I build applied AI software in Python and C++, with a focus on computer vision, native model inference, and LLM-based applications. I study Artificial Intelligence at Johannes Kepler University Linz and am interested in bringing AI into practical software and industrial systems.
SmartSpray Vision Controller connects crop/weed detection to a deterministic eight-channel spray-command simulation.
The project combines Python model fine-tuning and evaluation with native C++17 inference using OpenCV and ONNX Runtime. The native application runs without Python, PyTorch, or a GPU.
Engineering work includes model evaluation, Python/C++ inference-consistency checks, explicit input contracts, automated tests, and versioned model artifacts. A saved demonstration shows predictions, selected targets, and the resulting command schedule.
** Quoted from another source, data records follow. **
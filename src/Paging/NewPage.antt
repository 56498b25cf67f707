-- ===== src/Paging/NewPage.antt =====
-- kernel/pager.c as a map from the pages of the addresses to the pages of memory: what a new page
-- changes of it.
use bitloader.Prelude.{
  Bool-cases, Option, ap, arith, false, fun_ext, if◌then◌else◌, inl, inr, none, refl, some, sym,
  true, ℕ, ◌%◌, ◌&&◌, ◌*◌, ◌+◌, ◌/◌, ◌<◌, ◌==◌, ◌^◌, ◌∙◌, ◌≡◌, ◌≢◌, ◌⊎◌,
}
use bitloader.Paging.{Entry, Tables, page_size, pager_error, present, set_entry, virt_to_phys}

abbrev pub look_in : Entry → (ℕ → Entry) → ℕ → Option ℕ
look_in pde row j =
    if present pde then (if present (row j) then some (row j).address else none) else none

-- The page of memory of the page `n` of the addresses.
abbrev pub lookup : Tables → ℕ → ℕ → Option ℕ
lookup tables table n =
    let pde = tables table (n / 1024) in look_in pde (tables pde.address) (n % 1024)

-- `virt_to_phys` reads the map at the address' page and keeps the place in the page.
pub virt_to_phys-lookup :
    (tables : Tables) (table a : ℕ)
    → a < 2 ^ 32
    → virt_to_phys tables a table ≡ elim (lookup tables table (a / page_size)) [
      | none ↦ pager_error
      | some page ↦ page * page_size + a % page_size
    ]
unfolding virt_to_phys
virt_to_phys-lookup tables table a small =
    let i : a / 2 ^ 22 % 1024 ≡ a / page_size / 1024 = omega arith in rw i (ground arith)

-- The tables that a directory leads to lie on pages of their own, below `end`.
pub record Separate (row : ℕ → Entry) (table end : ℕ) : Type 0 where
  pub below : table < end
  pub own : (k : ℕ) → k < 1024 → present (row k) ≡ true → (row k).address ≢ table
  pub known : (k : ℕ) → k < 1024 → present (row k) ≡ true → (row k).address < end
  pub apart :
      (k l : ℕ)
      → k < 1024
      → l < 1024
      → present (row k) ≡ true
      → present (row l) ≡ true
      → (row k).address ≡ (row l).address
      → k ≡ l

set_entry-here : (t i : ℕ) (e : Entry) (tables : Tables) → set_entry t i e tables t i ≡ e
set_entry-here t i e tables = let same : (t == t && i == i) ≡ true = ground arith in rw same refl

set_entry-other :
    (t i : ℕ) (e : Entry) (tables : Tables) (u j : ℕ)
    → (u ≢ t) ⊎ (j ≢ i)
    → set_entry t i e tables u j ≡ tables u j
set_entry-other t i e tables u j apart =
    let other : (u == t && j == i) ≡ false = ground arith in rw other refl

abbrev pub value : Entry → Option ℕ
value e = if present e then some e.address else none

abbrev pub put : ℕ → Option ℕ → (ℕ → Option ℕ) → ℕ → Option ℕ
put index page old n = if n == index then page else old n

-- The entry `j` of the table that the entry `i` of the directory leads to.
module _ (tables : Tables) (d end i j : ℕ) (sep : Separate (tables d) d end) (i_in : i < 1024)
    (here : present (tables d i) ≡ true) (e : Entry) where
  abbrev present_put : Tables
  present_put = set_entry (tables d i).address j e tables

  pub present_put-row : present_put d ≡ tables d
  present_put-row = fun_ext λ k.
      set_entry-other (tables d i).address j e tables d k
        (inl (λ same. sep.own i i_in here (sym same)))

  other_place :
      (n : ℕ)
      → n < 2 ^ 20
      → (n == j + i * 1024) ≡ false
      → present (tables d (n / 1024)) ≡ true
      → ((tables d (n / 1024)).address ≢ (tables d i).address) ⊎ (n % 1024 ≢ j)
  other_place n n_in ne pde = elim (Bool-cases (n % 1024 == j)) [
    | inl same ↦
        let far : n / 1024 ≢ i = λ same_i. absurd (ground arith) in
        inl (λ eq. far (sep.apart (n / 1024) i (omega arith) i_in pde here eq))
    | inr differs ↦ inr (λ eq. absurd (ground arith))
  ]

  put_here :
      (n : ℕ)
      → n / 1024 ≡ i
      → n % 1024 ≡ j
      → look_in (tables d (n / 1024)) (present_put (tables d (n / 1024)).address) (n % 1024)
        ≡ value e
  put_here n hi hj =
      rw hi (rw hj (rw here (ap value (set_entry-here (tables d i).address j e tables))))

  put_there :
      (n : ℕ)
      → n < 2 ^ 20
      → (n == j + i * 1024) ≡ false
      → look_in (tables d (n / 1024)) (present_put (tables d (n / 1024)).address) (n % 1024)
        ≡ lookup tables d n
  put_there n n_in ne = elim (Bool-cases (present (tables d (n / 1024)))) [
    | inl pde ↦ rw pde (
        ap value (
          set_entry-other (tables d i).address j e tables (tables d (n / 1024)).address (n % 1024)
            (other_place n n_in ne pde)))
    | inr missing ↦ rw missing refl
  ]

  pub present_put-lookup :
      (n : ℕ)
      → n < 2 ^ 20
      → j < 1024
      → lookup present_put d n ≡ put (j + i * 1024) (value e) (lookup tables d) n
  present_put-lookup n n_in j_in =
      let row =
        ap (λ r. look_in (r (n / 1024)) (present_put (r (n / 1024)).address) (n % 1024))
          present_put-row in
      row ∙ elim (Bool-cases (n == j + i * 1024)) [
        | inl same ↦ rw same (put_here n (ground arith) (ground arith))
        | inr differs ↦ rw differs (put_there n n_in differs)
      ]
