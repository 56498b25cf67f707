-- ===== src/Paging/Apart.antt =====
-- kernel/pager.c: a page table that is made lies apart from the others, and maps nothing yet.
use bitloader.Prelude.{
  Bool-cases, ap, arith, false, fun_ext, if◌then◌else◌, inl, inr, none, refl, some, sym, true, ℕ,
  ◌%◌, ◌+◌, ◌/◌, ◌<◌, ◌==◌, ◌^◌, ◌∙◌, ◌≡◌, ◌≢◌, ◌⊎◌,
}
use bitloader.Paging.{Entry, Tables, empty_entry, present, set_entry}
use bitloader.Paging.NewPage.{Separate, look_in, lookup, value}

module _ (tables : Tables) (d end i : ℕ) (sep : Separate (tables d) d end) (i_in : i < 1024)
    (gone : present (tables d i) ≡ false) (flags : ℕ) (on : (flags % 2 == 1) ≡ true) where
  abbrev made : Entry
  made = record { flags = flags; address = end }

  abbrev pub with_table : Tables
  with_table = set_entry d i made (λ u j. if u == end then empty_entry else tables u j)

  abbrev new_row : ℕ → Entry
  new_row k = if k == i then made else tables d k

  row_entry : (k : ℕ) → with_table d k ≡ new_row k
  row_entry k =
      let low = sep.below in
      let not_end : (d == end) ≡ false = ground arith in
      let own : (d == d) ≡ true = ground arith in rw own (rw not_end refl)

  with_table-row : with_table d ≡ new_row
  with_table-row = fun_ext row_entry

  old_or_new :
      (k : ℕ)
      → present (new_row k) ≡ true
      → ((k ≡ i) × ((new_row k).address ≡ end))
        ⊎ ((new_row k ≡ tables d k) × (present (tables d k) ≡ true))
  old_or_new k there = elim (Bool-cases (k == i)) [
    | inl same ↦ inl (ground arith, rw same refl)
    | inr other ↦ inr (rw other refl, (rw other at there))
  ]

  old_facts :
      (k : ℕ)
      → k < 1024
      → new_row k ≡ tables d k
      → present (tables d k) ≡ true
      → ((new_row k).address ≢ d) × ((new_row k).address < end)
  old_facts k k_in same there = rw same (sep.own k k_in there, sep.known k k_in there)

  new_address :
      (k : ℕ)
      → k < 1024
      → present (new_row k) ≡ true
      → ((new_row k).address ≢ d) × ((new_row k).address < end + 1)
  new_address k k_in there = elim (old_or_new k there) [
    | inl (_, at_end) ↦
        let low = sep.below in ((λ e. absurd (omega (arith, e, at_end, low))), omega arith)
    | inr (same, old) ↦ let facts = old_facts k k_in same old in (facts.0, omega (arith, facts.1))
  ]

  new_apart :
      (k l : ℕ)
      → k < 1024
      → l < 1024
      → present (new_row k) ≡ true
      → present (new_row l) ≡ true
      → (new_row k).address ≡ (new_row l).address
      → k ≡ l
  new_apart k l k_in l_in pk pl e = elim (old_or_new k pk) [
    | inl (ki, k_end) ↦ elim (old_or_new l pl) [
      | inl (li, _) ↦ ki ∙ sym li
      | inr (same, old) ↦
          let low = (old_facts l l_in same old).1 in absurd (omega (arith, e, k_end, low))
    ]
    | inr (same_k, old_k) ↦ elim (old_or_new l pl) [
      | inl (_, l_end) ↦
          let low = (old_facts k k_in same_k old_k).1 in absurd (omega (arith, e, l_end, low))
      | inr (same_l, old_l) ↦
          sep.apart k l k_in l_in old_k old_l
            (ap (λ t. t.address) (sym same_k) ∙ (e ∙ ap (λ t. t.address) same_l))
    ]
  ]

  pub new_row-Separate : Separate new_row d (end + 1)
  new_row-Separate = record {
    below = let low = sep.below in omega arith;
    own = λ k k_in there. (new_address k k_in there).0;
    known = λ k k_in there. (new_address k k_in there).1;
    apart = new_apart;
  }

  pub with_table-Separate : Separate (with_table d) d (end + 1)
  with_table-Separate = rw with_table-row new_row-Separate

  pub with_table-here : (with_table d i).address ≡ end
  with_table-here =
      ap (λ e. e.address) (row_entry i)
      ∙ (let same : (i == i) ≡ true = ground arith in rw same refl)

  pub with_table-present : present (with_table d i) ≡ true
  with_table-present =
      ap present (row_entry i) ∙ (let same : (i == i) ≡ true = ground arith in rw same on)

  same_table :
      (k j : ℕ)
      → k < 1024
      → present (tables d k) ≡ true
      → with_table (tables d k).address j ≡ tables (tables d k).address j
  same_table k j k_in there =
      let known = sep.known k k_in there in
      let own = sep.own k k_in there in
      let not_end : ((tables d k).address == end) ≡ false = ground arith in
      let not_own : ((tables d k).address == d) ≡ false = ground arith in
      rw not_own (rw not_end refl)

  new_table_empty : (j : ℕ) → present (with_table end j) ≡ false
  new_table_empty j =
      let low = sep.below in
      let own : (end == d) ≡ false = ground arith in
      let same : (end == end) ≡ true = ground arith in rw own (rw same refl)

  -- The new table maps nothing.
  pub with_table-lookup : (n : ℕ) → n < 2 ^ 20 → lookup with_table d n ≡ lookup tables d n
  with_table-lookup n n_in =
      let k = n / 1024 in
      ap (λ e. look_in e (with_table e.address) (n % 1024)) (row_entry k)
      ∙ elim (Bool-cases (k == i)) [
        | inl same ↦
            let at : k ≡ i = ground arith in
            rw same (
              rw on (
                rw at (
                  rw gone (
                    ap (λ b. if b then some (with_table end (n % 1024)).address else none)
                      (new_table_empty (n % 1024))))))
        | inr other ↦ elim (Bool-cases (present (tables d k))) [
          | inl there ↦ rw other (rw there (ap value (same_table k (n % 1024) (omega arith) there)))
          | inr absent ↦ rw other (rw absent refl)
        ]
      ]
Camera geometry and actuation are simulated; this is an independent portfolio project, not a field-deployed or real-time control system.
Explore the project · Release v0.1.0
- Applied AI and computer vision applications in Python and C++
- Native model inference, evaluation, and integration into software systems
- Clear interfaces, automated testing, and reproducible workflows
- Tender qualification — private client project: built a modular Python pipeline for PDF, DOCX, and XLSX ingestion, OCR fallback, LLM-assisted classification and structured extraction, domain decision rules, and Excel/JSON outputs. Uses typed interfaces, pytest, Ruff, Pyright, and pre-commit.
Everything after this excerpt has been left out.